In the past psychologists assumed that there was a single general factor for mental ability. They called it "g" or the "g-factor". It was thought to underlie performance in every aspect of intelligence. In fact, intelligence tests have been designed to measure the "g-factor".

Although ordinary people view intelligence as a unitary entity, recent research in psychology shows that it is a multi-dimensional concept that includes different types of intelligence.

Some of us are good at information processing capabilities, logical reasoning and memorising facts and figures. They are good at solving crossword puzzles and knotty problems. According to psychologists, they are gifted with what is called "fluid intelligence." Those who juggle with statistics and figures use their "fluid intelligence" to the maximum. I feel that my "fluid intelligence" is very low because I did not do well in my Arithmetic paper in the senior school certificate examination!

On the other hand, some people have the capacity to accumulate information and various skills. They apply this crystallised intelligence in problem solving. Those who are gifted with this type of intelligence have the ability to recall information from their long-term memory without much trouble. Elderly people retain their "crystallised intelligence" quite easily. However, they show declines in "fluid intelligence" as they grow old.

Some of our villagers and fisherfolk show remarkable abilities although nobody seems to have gauged their intelligence using modern methods. For instance, a farmer knows when it would rain and a fisherman knows when he should avoid going to the sea. Even the ancient Trukese who used their own system of navigation did not have access to complicated navigational tools. But they were exemplary navigators.

Although we take intelligence for granted, psychologists have been dissecting it for many decades. Psychologist Howard Gardner who developed a theory of multiple intelligences divided intelligence into eight parts which are inter-dependent. In addition to the eight types - musical, bodily kinesthetic, logical mathematical, linguistic, spatial, inter-personal, intra-personal and naturalist - Gardner said there could be even more types of intelligence.

Where is intelligence located?

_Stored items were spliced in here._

-- ===== src/Candidate/Evaluate/Verdict.antt =====
-- What a candidate that evaluate selects carries.
use aninode.Prelude.{
  ℕ, ◌≡◌, refl, sym, ap, ◌∙◌, ◌⊎◌, inl, inr, true, false, Text, text_eq, pos, leb_ℤ, eqb_ℤ_iff,
  ◌<ℤ◌, List, Option, none, some, arith, Bool-cases, Option-cases,
}
use aninode.Release.{Release}
use aninode.ReleaseFilter.{reject_reason}
use aninode.Catalog.{Entry, Evidence, Target, project}
use aninode.Candidate.{Candidate, Identity, is_selected, is_movie, media_movie}
use aninode.Candidate.Evaluate.{
  last_episode, crosses, with_keys, finish, evaluate_last, evaluate_series, start_candidate,
  evaluate_movie, evaluate,
}

-- What a selected series candidate says of its episodes: the targets of its first and its last episode
-- lie in one season, at positive episodes, and the key runs from the one to the other.
abbrev pub SpansTargets : Entry → Release → List Evidence → Candidate → Type 0
SpansTargets w r evidence c =
    (p : Target) × (q : Target) × (project w evidence r.components.season
        r.components.season_explicit r.components.episode_start
      ≡ some p)
    × (project w evidence r.components.season r.components.season_explicit (last_episode r)
        ≡ some q)
    × (pos 0 <ℤ p.episode)
    × (pos 0 <ℤ q.episode)
    × (q.season ≡ p.season)
    × (c.episode.season ≡ p.season)
    × (c.episode.episode_start ≡ p.episode)
    × (c.episode.episode_end ≡ q.episode)

-- What every selected candidate carries.
pub record IsEligible (w : Entry) (r : Release) (c : Candidate) (ident : Option Identity)
    : Type 0 where
  pub of_entry : c.entry_key ≡ w.key
  pub key_of_entry : c.episode.entry_key ≡ w.key
  pub of_release : c.release ≡ r
  pub identified : ident ≡ some c.acquisition
  pub special_season : (c.episode.special ≡ true) → c.episode.season ≡ pos 0

module _ (to_lower : ℕ → ℕ) (identity : Release → Option Identity) where
  finish_lem :
      (c : Candidate)
      → is_selected (finish to_lower identity c) ≡ true
      → (ident : Identity) × (identity c.release ≡ some ident)
        × (finish to_lower identity c
            ≡ record c { acquisition = ident; decision = aninode.Candidate.selected })
  unfolding finish is_selected
  finish_lem c h = elim (Option-cases (identity c.release)) [
    | inl (ident, e) ↦ (ident, e, rw (e, finish))
    | inr e ↦ absurd (cc (rw (e, finish) at h))
  ]

  crosses_lem : (p q : Target) → crosses p q ≡ false → (pos 0 <ℤ q.episode) × (q.season ≡ p.season)
  unfolding crosses
  crosses_lem p q h = (ground arith, (eqb_ℤ_iff q.season p.season).0 (ground arith))

  evaluate_last_lem :
      (w : Entry) (r : Release) (evidence : List Evidence) (p : Target) (c : Candidate)
      → is_selected (evaluate_last to_lower identity w r evidence p c) ≡ true
      → (q : Target) × (project w evidence r.components.season r.components.season_explicit
            (last_episode r)
          ≡ some q)
        × (crosses p q ≡ false)
        × (is_selected (finish to_lower identity (with_keys w r p q c)) ≡ true)
        × (evaluate_last to_lower identity w r evidence p c
            ≡ finish to_lower identity (with_keys w r p q c))
  unfolding evaluate_last is_selected
  evaluate_last_lem w r evidence p c h =
      elim (Option-cases
        (project w evidence r.components.season r.components.season_explicit (last_episode r))) [
          | inr e ↦ absurd (cc (rw (e, evaluate_last) at h))
          | inl (q, e) ↦ elim (Bool-cases (crosses p q)) [
            | inl t ↦ absurd (cc (rw (e, t, evaluate_last) at h))
            | inr f ↦ (q, e, f, rw (e, f, evaluate_last) at h, rw (e, f, evaluate_last))
          ]
        ]

  -- The candidate that a series release ends with, where it is selected.
  finished_series :
      (w : Entry) (r : Release) (evidence : List Evidence) (p q : Target) (c : Candidate)
      → c.entry_key ≡ w.key
      → c.release ≡ r
      → project w evidence r.components.season r.components.season_explicit
          r.components.episode_start
        ≡ some p
      → pos 0 <ℤ p.episode
      → project w evidence r.components.season r.components.season_explicit (last_episode r)
        ≡ some q
      → crosses p q ≡ false
      → is_selected (finish to_lower identity (with_keys w r p q c)) ≡ true
      → IsEligible w r (finish to_lower identity (with_keys w r p q c)) (identity r)
        × SpansTargets w r evidence (finish to_lower identity (with_keys w r p q c))
  unfolding with_keys
  finished_series w r evidence p q c ew er hp low hq x s =
      let (ident, e, done) = finish_lem (with_keys w r p q c) s in
      let (positive, same) = crosses_lem p q x in
      rw done (
        record {
          of_entry = ew;
          key_of_entry = refl;
          of_release = er;
          identified = ap identity (sym er) ∙ e;
          special_season = (eqb_ℤ_iff p.season (pos 0)).0;
        },
        (p, q, hp, hq, low, positive, same, refl, refl, refl),
      )

  evaluate_series_lem :
      (w : Entry) (r : Release) (evidence : List Evidence) (c : Candidate)
      → c.entry_key ≡ w.key
      → c.release ≡ r
      → is_selected (evaluate_series to_lower identity w r evidence c) ≡ true
      → IsEligible w r (evaluate_series to_lower identity w r evidence c) (identity r)
        × SpansTargets w r evidence (evaluate_series to_lower identity w r evidence c)
  unfolding evaluate_series is_selected
  evaluate_series_lem w r evidence c ew er h =
      elim (Bool-cases (leb_ℤ r.components.episode_start (pos 0))) [
        | inl t ↦ absurd (cc (rw (t, evaluate_series) at h))
        | inr f ↦
            elim (Option-cases (
              project w evidence r.components.season r.components.season_explicit
                r.components.episode_start)) [
                  | inr e ↦ absurd (cc (rw (f, e, evaluate_series) at h))
                  | inl (p, hp) ↦ elim (Bool-cases (leb_ℤ p.episode (pos 0))) [
                    | inl t ↦ absurd (cc (rw (f, hp, t, evaluate_series) at h))
                    | inr high ↦
                        let (q, hq, x, s, same) =
                          evaluate_last_lem w r evidence p c
                            (rw (f, hp, high, evaluate_series) at h) in
                        let opened : evaluate_series to_lower identity w r evidence c
                            ≡ evaluate_last to_lower identity w r evidence p c =
                          rw (f, hp, high, evaluate_series) in
                        rw (opened ∙ same)
                          (finished_series w r evidence p q c ew er hp (ground arith) hq x s)
                  ]
                ]
      ]

  evaluate_movie_lem :
      (w : Entry) (r : Release) (c : Candidate)
      → c.entry_key ≡ w.key
      → c.release ≡ r
      → is_selected (evaluate_movie to_lower identity w c) ≡ true
      → IsEligible w r (evaluate_movie to_lower identity w c) (identity r)
  unfolding evaluate_movie
  evaluate_movie_lem w r c ew er h =
      let (ident, e, done) = finish_lem _ h in
      rw done (record {
        of_entry = ew;
        key_of_entry = refl;
        of_release = er;
        identified = ap identity (sym er) ∙ e;
        special_season = λ k. refl;
      })

  -- A release that evaluate makes a selected candidate of passes the filters of its Entry. The candidate
  -- and its episode key name that Entry, it carries the identity of the release, and it is special in
  -- season zero only. If the Entry is no movie, the first and the last episode of the release are both
  -- projected to positive episodes of one season, and the key runs from the one to the other.
  pub evaluate_lem :
      (w : Entry) (source_id : Text) (r : Release) (evidence : List Evidence)
      → is_selected (evaluate to_lower identity w source_id r evidence) ≡ true
      → (reject_reason to_lower w.filters r.group r.resolution r.subtitle ≡ none)
        × IsEligible w r (evaluate to_lower identity w source_id r evidence) (identity r)
        × ((text_eq w.media_type media_movie ≡ true)
            ⊎ SpansTargets w r evidence (evaluate to_lower identity w source_id r evidence))
  unfolding evaluate is_selected start_candidate
  evaluate_lem w source_id r evidence h =
      elim (Option-cases (reject_reason to_lower w.filters r.group r.resolution r.subtitle)) [
        | inl (why, e) ↦ absurd (cc (rw (e, evaluate) at h))
        | inr e ↦ elim (Bool-cases (text_eq w.media_type media_movie)) [
          | inl t ↦ (
            e,
            rw (e, t, evaluate)
                (evaluate_movie_lem w r (start_candidate w source_id r) refl refl
                  (rw (e, t, evaluate) at h)),
            inl t,
          )
          | inr f ↦
              let (eligible, spans) =
                evaluate_series_lem w r evidence (start_candidate w source_id r) refl refl
                  (rw (e, f, evaluate) at h) in
              let opened : evaluate to_lower identity w source_id r evidence
                  ≡ evaluate_series to_lower identity w r evidence (start_candidate w source_id r) =
                rw (e, f, evaluate) in
              (e, rw opened eligible, inr (rw opened spans))
        ]
      ]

Using brain-scanning methods, psychologists have found that intelligence resides in certain areas of the brain. Although the areas cannot be demarcated precisely, the area above the outer edge of the eyebrow is supposed to be critical to juggling many pieces of information and solving problems.

In our day-to-day dealings we come across people gifted with practical intelligence. They have the presence of mind to take a crucial decision. Such people generally live happily because they know how to deal with mundane problems. Sometimes practical intelligence may not be related to one's education. That is why we have professors who cannot solve minor domestic problems.

Very often we come across people of high IQ (Intelligence Quotient) floundering while those of modest IQ do surprisingly well. Daniel Goleman in his ground-breaking book Emotional Intelligence shows the factors at work such as self-awareness, self-discipline, and empathy that add up to a different way of being smart. He says that emotional intelligence is not fixed at birth. It can be nurtured and strengthened throughout adulthood. The book gives us an entirely new way of looking at the root causes of many of our problems.

The late Dr. Abraham T. Kovoor who was a rationalist and iconoclast in one of his lectures said, "We are born with brains without any intelligence." He compared the brain to an empty pocket. Constant learning would fill the brain with intelligence, he said. I do not think any psychologist would agree with this view.

Psychologists, however, debate whether intelligence is fixed at birth or whether a person can improve it through learning. Entity theorists believe that no amount of life experience or hard work can change a person's intelligence. On the contrary, incremental theorists say that intelligence is something flexible and variable.

The fast growing literature on intelligence is something we can look forward to with abiding interest. After all, it is intelligence that separates the wheat from the chaff.